Tesla Motors has revealed that supplies of its Model X electric car have been impacted by a shortage of parts meaning delays for some who have ordered them.
It blamed its own “hubris” for overloading the Model X with technology. It revealed that it delivered 14,820 cars in the first quarter, falling short of the expected 16,000. It comes after the firm revealed that its new Model 3 car already has 276,000 pre-orders.

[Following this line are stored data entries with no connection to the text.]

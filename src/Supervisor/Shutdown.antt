-- ===== src/Supervisor/Shutdown.antt =====
-- What a stop signal achieves, by the place in `main` at which it comes.
use bbjsensescada.Common.{
  ℕ, ◌≡◌, refl, ap, ◌∙◌, Bool, true, false, ◌||◌, List, [], ◌∷◌, ◌==◌, nat_eq, arith, Option-cases,
  inl, inr,
}
use bbjsensescada.Supervisor.{
  Component, Event, terminated, Phase, starting, waiting, checking, stopped, crashed, Manager,
  Answers, turn, stop_handler, terminate_all, Step, take_turn, stop_signal, run, launch, turn_in,
  handled, signal_in,
}
use bbjsensescada.Supervisor.Custody.{
  any, is_started, is_exited, is_terminated, holds, all_of, any-terminate_all, run-Custody,
}

abbrev is_asleep : Phase → Bool
is_asleep waiting = true
is_asleep stopped = true
is_asleep _ = false

-- Every process that was started has been told to stop or has exited.
abbrev Accounted : Manager → Type 0
Accounted g =
    (p : ℕ)
    → any (is_started p) g.trace ≡ true
    → (any (is_terminated p) g.trace || any (is_exited p) g.trace) ≡ true

record IsOver (g : Manager) : Type 0 where
  off : g.running ≡ false
  asleep : is_asleep g.phase ≡ true
  accounted : Accounted g

or_swap : (a b c : Bool) → (a || (b || c)) ≡ ((b || a) || c)
or_swap a b c = ground arith

add_right : (a b c : Bool) → (a || c) ≡ true → ((a || b) || c) ≡ true
add_right a b c h = ground arith

add_left : (a b c : Bool) → (b || c) ≡ true → ((a || b) || c) ≡ true
add_left a b c h = ground arith

pub any-terminated :
    (p : ℕ) (cs : List Component) (es : List Event)
    → any (is_terminated p) (terminate_all cs es) ≡ (any (holds p) cs || any (is_terminated p) es)
any-terminated p [] es = refl
any-terminated p (c ∷ cs) es = elim (Option-cases c.process) [
  | inl idle ↦ rw idle (any-terminated p cs es)
  | inr (q, busy) ↦ rw busy (
      any-terminated p cs (terminated q ∷ es)
      ∙ or_swap (any (holds p) cs) (p == q) (any (is_terminated p) es))
]

handled-Accounted : (xs : List Step) → Accounted (handled (run xs launch))
handled-Accounted xs p =
    let g = run xs launch in
    rw
      (
        any-terminated p (all_of g) g.trace,
        any-terminate_all (is_started p) (all_of g) g.trace (λ r. refl),
        any-terminate_all (is_exited p) (all_of g) g.trace (λ r. refl),
      )
      (λ h.
        add_right (any (holds p) (all_of g)) (any (is_terminated p) g.trace)
          (any (is_exited p) g.trace) (run-Custody xs p h))

handled-IsOver : (g : Manager) → IsOver g → IsOver (handled g)
handled-IsOver g o = record {
  off = refl;
  asleep = o.asleep;
  accounted = λ p.
      rw
        (
          any-terminated p (all_of g) g.trace,
          any-terminate_all (is_started p) (all_of g) g.trace (λ r. refl),
          any-terminate_all (is_exited p) (all_of g) g.trace (λ r. refl),
        )
        (λ h.
          add_left (any (holds p) (all_of g)) (any (is_terminated p) g.trace)
            (any (is_exited p) g.trace) (o.accounted p h));
}

stopped-IsOver : (g : Manager) → IsOver g → IsOver (record g { phase = stopped; running = false })
stopped-IsOver g o = record { off = refl; asleep = refl; accounted = o.accounted }

turn_in-IsOver :
    (A : Answers) (f : Phase) (g : Manager) → g.phase ≡ f → IsOver g → IsOver (turn_in f A g)
turn_in-IsOver A waiting g e o = rw o.off (stopped-IsOver g o)
turn_in-IsOver A stopped g e o = o
turn_in-IsOver A starting g e o = let bad = rw e at o.asleep in cc
turn_in-IsOver A checking g e o = let bad = rw e at o.asleep in cc
turn_in-IsOver A (crashed x) g e o = let bad = rw e at o.asleep in cc

signal_in-IsOver : (f : Phase) (g : Manager) → IsOver g → IsOver (signal_in f g)
signal_in-IsOver starting g o = handled-IsOver g o
signal_in-IsOver waiting g o = handled-IsOver g o
signal_in-IsOver checking g o = handled-IsOver g o
signal_in-IsOver stopped g o = o
signal_in-IsOver (crashed e) g o = o

run-IsOver : (xs : List Step) (g : Manager) → IsOver g → IsOver (run xs g)
unfolding turn stop_handler
run-IsOver [] g o = o
run-IsOver (take_turn A ∷ xs) g o = run-IsOver xs (turn A g) (turn_in-IsOver A g.phase g refl o)
run-IsOver (stop_signal ∷ xs) g o = run-IsOver xs (stop_handler g) (signal_in-IsOver g.phase g o)

-- If a stop signal comes while `main` sleeps between two checks, then whatever happens after it, every
-- process that the supervisor ever starts has been told to stop or has exited: none is left behind.
pub run-accounted :
    (before after : List Step) (p : ℕ)
    → (run before launch).phase ≡ waiting
    → any (is_started p) (run after (stop_handler (run before launch))).trace ≡ true
    → (any (is_terminated p) (run after (stop_handler (run before launch))).trace
        || any (is_exited p) (run after (stop_handler (run before launch))).trace)
      ≡ true
unfolding stop_handler
run-accounted before after p asleep =
    (run-IsOver after _ (
        rw asleep (record {
          off = refl;
          asleep = ap is_asleep asleep;
          accounted = handled-Accounted before;
        }))).accounted
      p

The carmaker said that it had delivered 12,420 Model S sedans and 2,400 Model X SUVs in the first quarter of 2016.
In a statement, Tesla added that its Q1 delivery count was “impacted by severe Model X supplier parts shortages in January and February that lasted much longer than initially expected”. It said that once “issues were resolved”, production and delivery rates “improved dramatically”.
“By the last full week of March, the build rate rose to 750 Model X vehicles per week, however many of these vehicles were built too late to be delivered to their owners before end of the quarter.”
It was frank about the reasons for the delay: “The root causes of the parts shortages were: Tesla’s hubris in adding far too much technology to the Model X in version one, insufficient supplier capability validation and Tesla not having broad enough capability to manufacture the parts in-house.”
Back in February, Elon Musk admitted that the car had been “over-engineered”. The shortage involved about six out of the 8,000 parts that go into the Model X but Tesla did not specify which ones. It has raised doubts about how prepared Tesla will be to deliver its new Model 3 car which was announced to much fanfare last week. The basic model will sell for $35,000 (£24,423) – less than half the cost of Tesla’s previous models – and has a range of at least 215 miles per charge.
The car is due to go on sale in late 2017 and customers must put down a $1,000 (£704) deposit. It can be ordered in advance to dozens of countries, including the UK, Brazil, India, China and New Zealand. Mr Musk has revealed that the company is focusing on ramping up productions and will eventually need to build a factory in Europe to satisfy demand. Stephanie Brinley, a senior analyst with research firm IHS, said that it was crucial that it gets production of the new vehicle right.
“Given its history of missed deadlines, this one needs to be met, to earn the faith of consumers and investors alike,” she said.
Last year Tesla posted a net loss of $889m (£620m) for 2015, partly because of the large sum it spent on research and development.